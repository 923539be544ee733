-- ===== src/Net.antt =====
-- std::net: addresses as the program uses them. An octet is a number below 256 and a port one
-- below 65536 (`IsAddr`).
use proxifyre_rs.Prelude.{
  ℕ, ◌<◌, ◌≡◌, refl, Bool, true, false, ◌||◌, ◌&&◌, leb, ◌==◌, get_or, Option, none, some, List, [],
  ◌∷◌, ◌++◌, ℕ_discrete, length, take, drop, replicate, AreBytes, bytes_eq, if◌then◌else◌,
}

pub record Ipv4Addr : Type 0 where
  pub a : ℕ
  pub b : ℕ
  pub c : ℕ
  pub d : ℕ

-- The sixteen octets.
pub record Ipv6Addr : Type 0 where
  pub octets : List ℕ

pub data IpAddr : Type 0 where
  v4 : Ipv4Addr → IpAddr
  v6 : Ipv6Addr → IpAddr

-- A V6 address carries its flow information and its scope beside the port.
pub data SocketAddr : Type 0 where
  v4 : Ipv4Addr → ℕ → SocketAddr
  v6 : Ipv6Addr → ℕ → ℕ → ℕ → SocketAddr

unfoldable pub ip_discrete : Discrete IpAddr
ip_discrete = hlevel ℕ_discrete

abbrev pub socket_addr : IpAddr → ℕ → SocketAddr
socket_addr (IpAddr.v4 a) p = SocketAddr.v4 a p
socket_addr (IpAddr.v6 a) p = SocketAddr.v6 a p 0 0

abbrev pub ip : SocketAddr → IpAddr
ip (SocketAddr.v4 a p) = IpAddr.v4 a
ip (SocketAddr.v6 a p f s) = IpAddr.v6 a

abbrev pub port : SocketAddr → ℕ
port (SocketAddr.v4 a p) = p
port (SocketAddr.v6 a p f s) = p

pub ip-socket_addr : (a : IpAddr) (p : ℕ) → ip (socket_addr a p) ≡ a
ip-socket_addr (IpAddr.v4 a) p = refl
ip-socket_addr (IpAddr.v6 a) p = refl

pub port-socket_addr : (a : IpAddr) (p : ℕ) → port (socket_addr a p) ≡ p
port-socket_addr (IpAddr.v4 a) p = refl
port-socket_addr (IpAddr.v6 a) p = refl

abbrev pub is_ipv6 : SocketAddr → Bool
is_ipv6 (SocketAddr.v4 a p) = false
is_ipv6 (SocketAddr.v6 a p f s) = true

abbrev pub octets_v4 : Ipv4Addr → List ℕ
octets_v4 i = i.a ∷ i.b ∷ i.c ∷ i.d ∷ []

abbrev pub unspecified_v4 : Ipv4Addr
unspecified_v4 = record { a = 0; b = 0; c = 0; d = 0 }

abbrev pub unspecified_v6 : Ipv6Addr
unspecified_v6 = record { octets = replicate 16 0 }

abbrev pub is_unspecified_v4 : Ipv4Addr → Bool
is_unspecified_v4 i = bytes_eq (octets_v4 i) (octets_v4 unspecified_v4)

abbrev pub is_unspecified_v6 : Ipv6Addr → Bool
is_unspecified_v6 i = bytes_eq i.octets unspecified_v6.octets

abbrev pub is_unspecified : IpAddr → Bool
is_unspecified (IpAddr.v4 i) = is_unspecified_v4 i
is_unspecified (IpAddr.v6 i) = is_unspecified_v6 i

-- ::ffff:0:0/96
abbrev pub mapped_prefix : List ℕ
mapped_prefix = replicate 10 0 ++ 255 ∷ 255 ∷ []

unfoldable pub from_octets_v4 : List ℕ → Option Ipv4Addr
from_octets_v4 (a ∷ b ∷ c ∷ d ∷ []) = some (record { a = a; b = b; c = c; d = d })
from_octets_v4 _ = none

abbrev pub to_ipv6_mapped : Ipv4Addr → Ipv6Addr
to_ipv6_mapped i = record { octets = mapped_prefix ++ octets_v4 i }

-- `Ipv6Addr::to_ipv4_mapped`: only ::ffff:a.b.c.d.
unfoldable pub to_ipv4_mapped : Ipv6Addr → Option Ipv4Addr
unfolding from_octets_v4
to_ipv4_mapped i =
    if bytes_eq (take 12 i.octets) mapped_prefix then from_octets_v4 (drop 12 i.octets) else none

-- `Ipv6Addr::to_ipv4`: ::ffff:a.b.c.d, and ::a.b.c.d too.
unfoldable pub to_ipv4 : Ipv6Addr → Option Ipv4Addr
unfolding from_octets_v4
to_ipv4 i =
    if bytes_eq (take 12 i.octets) mapped_prefix || bytes_eq (take 12 i.octets) (replicate 12 0)
    then from_octets_v4 (drop 12 i.octets)
    else none

-- `Ipv4Addr::is_multicast` (224.0.0.0/4), `is_broadcast`, and `Ipv6Addr::is_multicast` (ff00::/8).
abbrev pub is_multicast_v4 : Ipv4Addr → Bool
is_multicast_v4 i = leb 224 i.a && leb i.a 239

abbrev pub is_broadcast : Ipv4Addr → Bool
is_broadcast i = bytes_eq (octets_v4 i) (replicate 4 255)

abbrev pub is_multicast_v6 : Ipv6Addr → Bool
is_multicast_v6 i = get_or i.octets 0 0 == 255

-- What the types of the source guarantee.
abbrev pub IsIp : IpAddr → Type 0
IsIp (IpAddr.v4 i) = AreBytes (octets_v4 i)
IsIp (IpAddr.v6 i) = AreBytes i.octets × (length i.octets ≡ 16)

abbrev pub IsAddr : SocketAddr → Type 0
IsAddr s = IsIp (ip s) × (port s < 65536)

────────────────────────────────────────

## Work request
Copy out each line above, character for character.

## Output of the exercise
repository 923539be544ee733
-- ===== src/Net.antt =====
-- std::net: addresses as the program uses them. An octet is a number below 256 and a port one
-- below 65536 (`IsAddr`).
use proxifyre_rs.Prelude.{
  ℕ, ◌<◌, ◌≡◌, refl, Bool, true, false, ◌||◌, ◌&&◌, leb, ◌==◌, get_or, Option, none, some, List, [],
  ◌∷◌, ◌++◌, ℕ_discrete, length, take, drop, replicate, AreBytes, bytes_eq, if◌then◌else◌,
}

pub record Ipv4Addr : Type 0 where
  pub a : ℕ
  pub b : ℕ
  pub c : ℕ
  pub d : ℕ

-- The sixteen octets.
pub record Ipv6Addr : Type 0 where
  pub octets : List ℕ

pub data IpAddr : Type 0 where
  v4 : Ipv4Addr → IpAddr
  v6 : Ipv6Addr → IpAddr

-- A V6 address carries its flow information and its scope beside the port.
pub data SocketAddr : Type 0 where
  v4 : Ipv4Addr → ℕ → SocketAddr
  v6 : Ipv6Addr → ℕ → ℕ → ℕ → SocketAddr

unfoldable pub ip_discrete : Discrete IpAddr
ip_discrete = hlevel ℕ_discrete

abbrev pub socket_addr : IpAddr → ℕ → SocketAddr
socket_addr (IpAddr.v4 a) p = SocketAddr.v4 a p
socket_addr (IpAddr.v6 a) p = SocketAddr.v6 a p 0 0

abbrev pub ip : SocketAddr → IpAddr
ip (SocketAddr.v4 a p) = IpAddr.v4 a
ip (SocketAddr.v6 a p f s) = IpAddr.v6 a

abbrev pub port : SocketAddr → ℕ
port (SocketAddr.v4 a p) = p
port (SocketAddr.v6 a p f s) = p

pub ip-socket_addr : (a : IpAddr) (p : ℕ) → ip (socket_addr a p) ≡ a
ip-socket_addr (IpAddr.v4 a) p = refl
ip-socket_addr (IpAddr.v6 a) p = refl

pub port-socket_addr : (a : IpAddr) (p : ℕ) → port (socket_addr a p) ≡ p
port-socket_addr (IpAddr.v4 a) p = refl
port-socket_addr (IpAddr.v6 a) p = refl

abbrev pub is_ipv6 : SocketAddr → Bool
is_ipv6 (SocketAddr.v4 a p) = false
is_ipv6 (SocketAddr.v6 a p f s) = true

abbrev pub octets_v4 : Ipv4Addr → List ℕ
octets_v4 i = i.a ∷ i.b ∷ i.c ∷ i.d ∷ []

abbrev pub unspecified_v4 : Ipv4Addr
unspecified_v4 = record { a = 0; b = 0; c = 0; d = 0 }

abbrev pub unspecified_v6 : Ipv6Addr
unspecified_v6 = record { octets = replicate 16 0 }

abbrev pub is_unspecified_v4 : Ipv4Addr → Bool
is_unspecified_v4 i = bytes_eq (octets_v4 i) (octets_v4 unspecified_v4)

abbrev pub is_unspecified_v6 : Ipv6Addr → Bool
is_unspecified_v6 i = bytes_eq i.octets unspecified_v6.octets

abbrev pub is_unspecified : IpAddr → Bool
is_unspecified (IpAddr.v4 i) = is_unspecified_v4 i
is_unspecified (IpAddr.v6 i) = is_unspecified_v6 i

-- ::ffff:0:0/96
abbrev pub mapped_prefix : List ℕ
mapped_prefix = replicate 10 0 ++ 255 ∷ 255 ∷ []

unfoldable pub from_octets_v4 : List ℕ → Option Ipv4Addr
from_octets_v4 (a ∷ b ∷ c ∷ d ∷ []) = some (record { a = a; b = b; c = c; d = d })
from_octets_v4 _ = none

abbrev pub to_ipv6_mapped : Ipv4Addr → Ipv6Addr
to_ipv6_mapped i = record { octets = mapped_prefix ++ octets_v4 i }

-- `Ipv6Addr::to_ipv4_mapped`: only ::ffff:a.b.c.d.
unfoldable pub to_ipv4_mapped : Ipv6Addr → Option Ipv4Addr
unfolding from_octets_v4
to_ipv4_mapped i =
    if bytes_eq (take 12 i.octets) mapped_prefix then from_octets_v4 (drop 12 i.octets) else none

-- `Ipv6Addr::to_ipv4`: ::ffff:a.b.c.d, and ::a.b.c.d too.
unfoldable pub to_ipv4 : Ipv6Addr → Option Ipv4Addr
unfolding from_octets_v4
to_ipv4 i =
    if bytes_eq (take 12 i.octets) mapped_prefix || bytes_eq (take 12 i.octets) (replicate 12 0)
    then from_octets_v4 (drop 12 i.octets)
    else none

-- `Ipv4Addr::is_multicast` (224.0.0.0/4), `is_broadcast`, and `Ipv6Addr::is_multicast` (ff00::/8).
abbrev pub is_multicast_v4 : Ipv4Addr → Bool
is_multicast_v4 i = leb 224 i.a && leb i.a 239

abbrev pub is_broadcast : Ipv4Addr → Bool
is_broadcast i = bytes_eq (octets_v4 i) (replicate 4 255)

abbrev pub is_multicast_v6 : Ipv6Addr → Bool
is_multicast_v6 i = get_or i.octets 0 0 == 255

-- What the types of the source guarantee.
abbrev pub IsIp : IpAddr → Type 0
IsIp (IpAddr.v4 i) = AreBytes (octets_v4 i)
IsIp (IpAddr.v6 i) = AreBytes i.octets × (length i.octets ≡ 16)

abbrev pub IsAddr : SocketAddr → Type 0
IsAddr s = IsIp (ip s) × (port s < 65536)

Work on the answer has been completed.